▸ **TRY IT**:
Once the line containing "first_fit (s ∷" is found in the entries below, restate it and each following line word for word, stopping after the line containing "let rest = advance size (class + 1) ss in".

== RECORDED DATA

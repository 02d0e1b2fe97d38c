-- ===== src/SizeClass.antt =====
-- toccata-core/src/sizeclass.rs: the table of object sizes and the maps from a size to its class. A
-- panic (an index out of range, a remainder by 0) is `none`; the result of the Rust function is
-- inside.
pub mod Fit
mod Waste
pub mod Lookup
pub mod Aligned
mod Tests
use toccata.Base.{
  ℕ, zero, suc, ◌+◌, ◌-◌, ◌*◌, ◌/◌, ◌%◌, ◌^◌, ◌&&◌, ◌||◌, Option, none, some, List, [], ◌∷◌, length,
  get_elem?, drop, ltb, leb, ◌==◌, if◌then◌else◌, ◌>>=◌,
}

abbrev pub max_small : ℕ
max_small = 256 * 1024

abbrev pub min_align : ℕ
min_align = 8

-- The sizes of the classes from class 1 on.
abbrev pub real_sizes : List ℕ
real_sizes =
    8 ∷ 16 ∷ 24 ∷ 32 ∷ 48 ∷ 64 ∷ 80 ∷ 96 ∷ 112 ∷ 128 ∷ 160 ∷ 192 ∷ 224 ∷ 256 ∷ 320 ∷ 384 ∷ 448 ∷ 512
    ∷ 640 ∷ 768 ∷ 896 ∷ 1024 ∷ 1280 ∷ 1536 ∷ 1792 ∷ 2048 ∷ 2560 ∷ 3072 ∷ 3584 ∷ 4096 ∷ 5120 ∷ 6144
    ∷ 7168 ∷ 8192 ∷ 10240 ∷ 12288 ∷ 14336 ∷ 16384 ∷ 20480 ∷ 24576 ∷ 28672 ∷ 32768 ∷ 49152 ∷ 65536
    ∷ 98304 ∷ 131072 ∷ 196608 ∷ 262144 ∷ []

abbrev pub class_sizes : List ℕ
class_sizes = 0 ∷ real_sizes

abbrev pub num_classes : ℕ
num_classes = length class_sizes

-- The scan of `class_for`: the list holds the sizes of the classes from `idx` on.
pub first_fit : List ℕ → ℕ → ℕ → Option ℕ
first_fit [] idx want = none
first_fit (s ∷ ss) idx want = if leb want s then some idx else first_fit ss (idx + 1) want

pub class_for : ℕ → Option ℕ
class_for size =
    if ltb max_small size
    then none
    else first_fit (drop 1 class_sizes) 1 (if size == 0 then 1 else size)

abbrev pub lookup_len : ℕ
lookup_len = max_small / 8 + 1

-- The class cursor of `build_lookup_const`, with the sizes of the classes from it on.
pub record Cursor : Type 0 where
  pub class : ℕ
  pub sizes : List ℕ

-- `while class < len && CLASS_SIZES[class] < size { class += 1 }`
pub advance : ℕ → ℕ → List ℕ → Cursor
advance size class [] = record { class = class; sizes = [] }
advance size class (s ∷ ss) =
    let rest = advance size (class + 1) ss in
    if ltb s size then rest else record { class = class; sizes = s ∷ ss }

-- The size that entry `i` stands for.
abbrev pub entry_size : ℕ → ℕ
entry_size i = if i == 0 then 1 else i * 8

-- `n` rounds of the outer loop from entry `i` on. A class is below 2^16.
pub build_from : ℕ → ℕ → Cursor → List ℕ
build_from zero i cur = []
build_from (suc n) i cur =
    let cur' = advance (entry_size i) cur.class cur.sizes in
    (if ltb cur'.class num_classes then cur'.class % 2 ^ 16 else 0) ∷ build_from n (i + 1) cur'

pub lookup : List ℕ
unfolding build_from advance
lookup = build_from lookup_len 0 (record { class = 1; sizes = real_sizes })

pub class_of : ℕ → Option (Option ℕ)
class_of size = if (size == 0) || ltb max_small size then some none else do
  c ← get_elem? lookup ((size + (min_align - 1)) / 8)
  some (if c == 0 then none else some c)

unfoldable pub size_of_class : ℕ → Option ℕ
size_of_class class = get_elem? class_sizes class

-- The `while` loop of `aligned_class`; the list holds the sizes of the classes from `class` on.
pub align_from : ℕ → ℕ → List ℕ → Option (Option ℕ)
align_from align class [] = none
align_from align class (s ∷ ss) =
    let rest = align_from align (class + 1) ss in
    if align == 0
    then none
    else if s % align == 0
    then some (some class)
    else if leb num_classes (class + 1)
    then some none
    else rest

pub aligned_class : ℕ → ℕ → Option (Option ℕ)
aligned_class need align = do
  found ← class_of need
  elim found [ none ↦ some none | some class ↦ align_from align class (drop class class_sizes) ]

====

▸ **ANSWER BOX**:
first_fit (s ∷ ss) idx want = if leb want s then some idx else first_fit ss (idx + 1) want

pub class_for : ℕ → Option ℕ
class_for size =
    if ltb max_small size
    then none
    else first_fit (drop 1 class_sizes) 1 (if size == 0 then 1 else size)

abbrev pub lookup_len : ℕ
lookup_len = max_small / 8 + 1

-- The class cursor of `build_lookup_const`, with the sizes of the classes from it on.
pub record Cursor : Type 0 where
  pub class : ℕ
  pub sizes : List ℕ

-- `while class < len && CLASS_SIZES[class] < size { class += 1 }`
pub advance : ℕ → ℕ → List ℕ → Cursor
advance size class [] = record { class = class; sizes = [] }
advance size class (s ∷ ss) =
    let rest = advance size (class + 1) ss in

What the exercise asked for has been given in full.